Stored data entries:
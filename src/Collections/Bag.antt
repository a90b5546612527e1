-- ===== src/Collections/Bag.antt =====
-- Lists that count: how often a text stands in one, and one of its places removed.
use vera_key.Prelude.{
  ℕ, ◌+◌, ◌-◌, false, ◌≤◌, ◌≡◌, String, true, List, [], ◌∷◌, arith, ◌==◌, if◌then◌else◌, eq_iff,
}
use vera_key.Collections.Set

unfoldable pub drop_one : String → List String → List String
drop_one k [] = []
drop_one k (j ∷ js) = if j == k then js else j ∷ drop_one k js

unfoldable pub count : String → List String → ℕ
count k [] = 0
count k (j ∷ js) = (if j == k then 1 else 0) + count k js

pub count-has : (k : String) (js : List String) → Set.has k js ≡ true → 1 ≤ count k js
unfolding count Set.has
count-has k [] h = ground arith
count-has k (j ∷ js) h = ground (arith, count-has k js)

pub count-drop_one :
    (k i : String) (js : List String)
    → Set.has k js ≡ true
    → count i (drop_one k js) + (if k == i then 1 else 0) ≡ count i js
unfolding count drop_one Set.has
count-drop_one k i [] h = ground arith
count-drop_one k i (j ∷ js) h =
    ground (arith, count-drop_one k i js, eq_iff j k, eq_iff j i, eq_iff k i)

pub count-drop_one_less :
    (k i : String) (js : List String)
    → count i (drop_one k js) ≡ count i js - (if k == i then 1 else 0)
unfolding count drop_one
count-drop_one_less k i [] = ground arith
count-drop_one_less k i (j ∷ js) =
    ground (arith, count-drop_one_less k i js, eq_iff j k, eq_iff j i, eq_iff k i)

-- Every text once.
abbrev pub IsDistinct : List String → Type 0
IsDistinct [] = Unit
IsDistinct (k ∷ ks) = (Set.has k ks ≡ false) × IsDistinct ks

pub has-drop_one :
    (k j : String) (js : List String)
    → IsDistinct js
    → Set.has j (drop_one k js) ≡ (if k == j then false else Set.has j js)
unfolding Set.has drop_one
has-drop_one k j [] d = ground arith
has-drop_one k j (i ∷ js) d =
    ground (arith, has-drop_one k j js d.1, eq_iff i k, eq_iff i j, eq_iff k j)

pub IsDistinct-drop_one :
    (k : String) (js : List String) → IsDistinct js → IsDistinct (drop_one k js)
unfolding drop_one
IsDistinct-drop_one k [] d = tt
IsDistinct-drop_one k (i ∷ js) d =
    ground (arith, IsDistinct-drop_one k js d.1, has-drop_one k i js d.1)
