-- ===== src/Collections/Map.antt =====
-- JavaScript's Map with text keys: entries in insertion order, the oldest first.
use vera_key.Prelude.{
  String, ◌≡◌, refl, Bool, false, List, [], ◌∷◌, Option, none, some, arith, ◌==◌, if◌then◌else◌,
  eq_iff, eq_refl,
}

module _ {ℓ} {V : Type ℓ} where
  unfoldable pub get : String → List (String × V) → Option V
  get k [] = none
  get k ((j, v) ∷ m) = if j == k then some v else get k m

  -- An entry that is there keeps its place; a new one goes last.
  unfoldable pub set : String → V → List (String × V) → List (String × V)
  set k v [] = (k, v) ∷ []
  set k v ((j, w) ∷ m) = if j == k then (j, v) ∷ m else (j, w) ∷ set k v m

  unfoldable pub delete : String → List (String × V) → List (String × V)
  delete k [] = []
  delete k ((j, w) ∷ m) = if j == k then delete k m else (j, w) ∷ delete k m

  -- The loop `for (const [k, v] of map) if (drop v) map.delete(k)`.
  unfoldable pub sweep : (V → Bool) → List (String × V) → List (String × V)
  sweep drop [] = []
  sweep drop ((j, w) ∷ m) = if drop w then sweep drop m else (j, w) ∷ sweep drop m

  pub get-set :
      (k j : String) (v : V) (m : List (String × V))
      → get j (set k v m) ≡ (if k == j then some v else get j m)
  unfolding get set
  get-set k j v [] = refl
  get-set k j v ((i, w) ∷ m) = ground (arith, eq_iff k j, eq_iff i k, eq_iff i j, get-set k j v m)

  pub get-set_self : (k : String) (v : V) (m : List (String × V)) → get k (set k v m) ≡ some v
  get-set_self k v m = simp (get-set, eq_refl)

  pub get-delete :
      (k j : String) (m : List (String × V))
      → get j (delete k m) ≡ (if k == j then none else get j m)
  unfolding get delete
  get-delete k j [] = ground arith
  get-delete k j ((i, w) ∷ m) = ground (arith, eq_iff k j, eq_iff i k, eq_iff i j, get-delete k j m)

  -- Keys are held once, as in a Map.
  abbrev pub Absent : String → List (String × V) → Type 0
  Absent k [] = Unit
  Absent k ((j, w) ∷ m) = ((j == k) ≡ false) × Absent k m

  abbrev pub IsUnique : List (String × V) → Type 0
  IsUnique [] = Unit
  IsUnique ((j, w) ∷ m) = Absent j m × IsUnique m

  pub get-Absent : (k : String) (m : List (String × V)) → Absent k m → get k m ≡ none
  unfolding get
  get-Absent k [] a = refl
  get-Absent k ((j, w) ∷ m) a = ground (arith, get-Absent k m)

  pub Absent-sweep :
      (drop : V → Bool) (k : String) (m : List (String × V)) → Absent k m → Absent k (sweep drop m)
  unfolding sweep
  Absent-sweep drop k [] a = tt
  Absent-sweep drop k ((j, w) ∷ m) a = ground (arith, Absent-sweep drop k m)

  pub Absent-set :
      (k j : String) (v : V) (m : List (String × V))
      → Absent j m
      → (k == j) ≡ false
      → Absent j (set k v m)
  unfolding set
  Absent-set k j v [] a n = (n, tt)
  Absent-set k j v ((i, w) ∷ m) a n = ground (arith, Absent-set k j v m)

  pub Absent-delete : (k j : String) (m : List (String × V)) → Absent j m → Absent j (delete k m)
  unfolding delete
  Absent-delete k j [] a = tt
  Absent-delete k j ((i, w) ∷ m) a = ground (arith, Absent-delete k j m)

  pub IsUnique-sweep :
      (drop : V → Bool) (m : List (String × V)) → IsUnique m → IsUnique (sweep drop m)
  unfolding sweep
  IsUnique-sweep drop [] u = tt
  IsUnique-sweep drop ((j, w) ∷ m) u = ground (arith, IsUnique-sweep drop m, Absent-sweep drop j m)

  pub IsUnique-set :
      (k : String) (v : V) (m : List (String × V)) → IsUnique m → IsUnique (set k v m)
  unfolding set
  IsUnique-set k v [] u = (tt, tt)
  IsUnique-set k v ((j, w) ∷ m) u =
      ground (arith, IsUnique-set k v m, Absent-set k j v m, eq_iff j k, eq_iff k j)

  -- What a sweep leaves of one key.
  abbrev pub kept : (V → Bool) → Option V → Option V
  kept drop none = none
  kept drop (some v) = if drop v then none else some v

  pub get-sweep :
      (drop : V → Bool) (k : String) (m : List (String × V))
      → IsUnique m
      → get k (sweep drop m) ≡ kept drop (get k m)
  unfolding get sweep
  get-sweep drop k [] u = refl
  get-sweep drop k ((j, w) ∷ m) u = ground (
    arith,
    get-sweep drop k m,
    get-Absent k m,
    get-Absent k (sweep drop m),
    Absent-sweep drop k m,
    eq_iff j k,
  )
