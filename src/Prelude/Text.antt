-- ===== src/Prelude/Text.antt =====
-- What the source uses of JavaScript's texts and BigInts: toLowerCase on ASCII texts (it is called on
-- hexadecimal texts), slice from a position, and BigInt(text).
use Prim.Native.Char.{Char, code}
use Prim.Native.String.{String, [], ◌∷◌, char_at}
use Prim.Native.Nat.{ℕ, zero, suc, ◌+◌, ◌-◌, ◌*◌, ◌/◌, ◌%◌, compare, Ordering}
use mathlib.Core.Bool.{Bool, ◌&&◌, ◌||◌}
use mathlib.Core.Option.{Option, none, some}
use mathlib.Core.List.{List, [], ◌∷◌, reverse}
use vera_key.Prelude.{leb, ltb, nat_beq, if◌then◌else◌}

unfoldable pub lower_char : Char → Char
lower_char c =
    if leb b'A' (code c) && leb (code c) b'Z'
    then char_at "abcdefghijklmnopqrstuvwxyz" (code c - b'A')
    else c

unfoldable pub lower : String → String
unfolding lower_char
lower [] = ""
lower (c ∷ s) = lower_char c ∷ lower s

-- `text.slice(n)`, which counts characters here: it is called on ASCII texts.
unfoldable pub slice_from : ℕ → String → String
slice_from zero s = s
slice_from (suc n) [] = ""
slice_from (suc n) (c ∷ s) = slice_from n s

abbrev pub codes : String → List ℕ
codes String.[] = []
codes (String.◌∷◌ c s) = code c ∷ codes s

-- `negsuc n` is -(n + 1).
pub data ℤ : Type 0 where
  pos : ℕ → ℤ
  negsuc : ℕ → ℤ

abbrev pub neg_ℕ : ℕ → ℤ
neg_ℕ zero = pos 0
neg_ℕ (suc n) = negsuc n

-- White space and line ends, which BigInt trims.
unfoldable pub is_white : ℕ → Bool
is_white c =
    (leb 9 c && leb c 13)
    || nat_beq c 32
    || nat_beq c 160
    || nat_beq c 0x1680
    || (leb 0x2000 c && leb c 0x200a)
    || nat_beq c 0x2028
    || nat_beq c 0x2029
    || nat_beq c 0x202f
    || nat_beq c 0x205f
    || nat_beq c 0x3000
    || nat_beq c 0xfeff

unfoldable pub trim_start : List ℕ → List ℕ
unfolding is_white
trim_start [] = []
trim_start (c ∷ s) = if is_white c then trim_start s else c ∷ s

-- A digit's value, or a value too large for any base.
unfoldable pub digit_value : ℕ → ℕ
digit_value c =
    if leb b'0' c && leb c b'9'
    then c - b'0'
    else if leb b'a' c && leb c b'z'
    then c - 87
    else if leb b'A' c && leb c b'Z'
    then c - 55
    else 36

unfoldable pub digits_from : ℕ → ℕ → List ℕ → Option ℕ
unfolding digit_value
digits_from base acc [] = some acc
digits_from base acc (c ∷ s) =
    let rest = digits_from base (acc * base + digit_value c) s in
    if ltb (digit_value c) base then rest else none

-- At least one digit.
unfoldable pub digits : ℕ → List ℕ → Option ℕ
unfolding digits_from
digits base [] = none
digits base (c ∷ s) = digits_from base 0 (c ∷ s)

abbrev pub signed : (ℕ → ℤ) → Option ℕ → Option ℤ
signed sign none = none
signed sign (some n) = some (sign n)

unfoldable pub numeral : List ℕ → Option ℤ
unfolding digits
numeral [] = some (pos 0)
numeral (c ∷ []) = signed pos (digits 10 (c ∷ []))
numeral (c ∷ d ∷ s) =
    if nat_beq c b'0' && (nat_beq d b'x' || nat_beq d b'X')
    then signed pos (digits 16 s)
    else if nat_beq c b'0' && (nat_beq d b'o' || nat_beq d b'O')
    then signed pos (digits 8 s)
    else if nat_beq c b'0' && (nat_beq d b'b' || nat_beq d b'B')
    then signed pos (digits 2 s)
    else if nat_beq c b'-'
    then signed neg_ℕ (digits 10 (d ∷ s))
    else if nat_beq c b'+'
    then signed pos (digits 10 (d ∷ s))
    else signed pos (digits 10 (c ∷ d ∷ s))

-- `BigInt(text)`; `none` is the SyntaxError.
unfoldable pub big_int : String → Option ℤ
unfolding numeral trim_start
big_int s = numeral (reverse (trim_start (reverse (trim_start (codes s)))))

abbrev pub decimal_digit : ℕ → Char
decimal_digit d = char_at "0123456789" d

unfoldable pub decimal_from : (fuel n : ℕ) → String → String
decimal_from zero n tail = tail
decimal_from (suc fuel) n tail = elim (compare n 10) [
  | Ordering.lt ↦ String.◌∷◌ (decimal_digit n) tail
  | _ ↦ decimal_from fuel (n / 10) (String.◌∷◌ (decimal_digit (n % 10)) tail)
]

-- `n.toString()`, of a number below 10^80.
unfoldable pub decimal : ℕ → String
unfolding decimal_from
decimal n = decimal_from 80 n ""
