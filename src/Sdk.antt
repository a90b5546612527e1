-- ===== src/Sdk.antt =====
-- The SDK, packages/sdk/src: the store, the payments, sign-ins and sessions of its server kit and what verifies them, the
-- popup protocol, the session in the page, disclosures, and the client with its passkeys.
pub mod MemoryStore
pub mod Values
pub mod Connect
pub mod Session
pub mod Payment
pub mod Sessions
pub mod SignIn
pub mod Viem
pub mod Bytes
pub mod Verify
pub mod Passkeys
pub mod Actions
pub mod Client
pub mod Disclosure
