-- ===== src/Sdk/Values.antt =====
-- JavaScript values as the SDK's protocol reads them, and the lengths and patterns that it tests.
use Prim.Native.Char.{code}
use Prim.Native.String.{String, [], ◌∷◌}
use vera_key.Prelude.{ℕ, ◌+◌, Bool, true, false, ◌&&◌, ltb, leb, ◌==◌, if◌then◌else◌}

-- `object` is any object but an array; `number` is a natural number; `other` is any other number, a
-- function, a symbol or a BigInt.
mutual
  pub data Value : Type 0 where
    text : String → Value
    number : ℕ → Value
    undefined : Value
    null : Value
    other : Value
    boolean : Bool → Value
    array : Items → Value
    object : Fields → Value

  pub data Items : Type 0 where
    empty : Items
    item : Value → Items → Items

  pub data Fields : Type 0 where
    end : Fields
    field : String → Value → Fields → Fields

-- `fields.name`; the first field of a name is the object's.
unfoldable pub property : String → Fields → Value
property name end = undefined
property name (field n v fs) = if n == name then v else property name fs

abbrev pub is_text : Value → Bool
is_text (text s) = true
is_text _ = false

-- `value === "text"`
abbrev pub equals_text : Value → String → Bool
equals_text (text s) t = s == t
equals_text _ t = false

-- `text.length`: UTF-16 code units.
unfoldable pub length16 : String → ℕ
length16 [] = 0
length16 (c ∷ s) = (if ltb (code c) 0x10000 then 1 else 2) + length16 s

abbrev pub is_digit : ℕ → Bool
is_digit c = leb b'0' c && leb c b'9'

-- `/^[0-9]{0,most}$/`
unfoldable pub digits_up_to : ℕ → String → Bool
digits_up_to most [] = true
digits_up_to most (c ∷ s) =
    is_digit (code c) && ltb 0 most && digits_up_to (Prim.Native.Nat.pred most) s

-- `/^[0-9]{1,most}$/`
unfoldable pub is_digits : ℕ → String → Bool
unfolding digits_up_to
is_digits most [] = false
is_digits most (c ∷ s) = digits_up_to most (c ∷ s)

-- `/^[1-9][0-9]{0,38}$/`
unfoldable pub is_amount : String → Bool
unfolding digits_up_to
is_amount [] = false
is_amount (c ∷ s) = leb b'1' (code c) && leb (code c) b'9' && digits_up_to 38 s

TASK DETAILS:
Among the lines above, repeat exactly those from the line with "abbrev pub neg_ℕ : ℕ → ℤ" to the line with "digits_from base acc (c", counting both ends.

WRITTEN REPLY:
abbrev pub neg_ℕ : ℕ → ℤ
neg_ℕ zero = pos 0
neg_ℕ (suc n) = negsuc n

-- White space and line ends, which BigInt trims.
unfoldable pub is_white : ℕ → Bool
is_white c =
    (leb 9 c && leb c 13)
    || nat_beq c 32
    || nat_beq c 160
    || nat_beq c 0x1680
    || (leb 0x2000 c && leb c 0x200a)
    || nat_beq c 0x2028
    || nat_beq c 0x2029
    || nat_beq c 0x202f
    || nat_beq c 0x205f
    || nat_beq c 0x3000
    || nat_beq c 0xfeff

unfoldable pub trim_start : List ℕ → List ℕ
unfolding is_white
trim_start [] = []
trim_start (c ∷ s) = if is_white c then trim_start s else c ∷ s

-- A digit's value, or a value too large for any base.
unfoldable pub digit_value : ℕ → ℕ
digit_value c =
    if leb b'0' c && leb c b'9'
    then c - b'0'
    else if leb b'a' c && leb c b'z'
    then c - 87
    else if leb b'A' c && leb c b'Z'
    then c - 55
    else 36

unfoldable pub digits_from : ℕ → ℕ → List ℕ → Option ℕ
unfolding digit_value
digits_from base acc [] = some acc
digits_from base acc (c ∷ s) =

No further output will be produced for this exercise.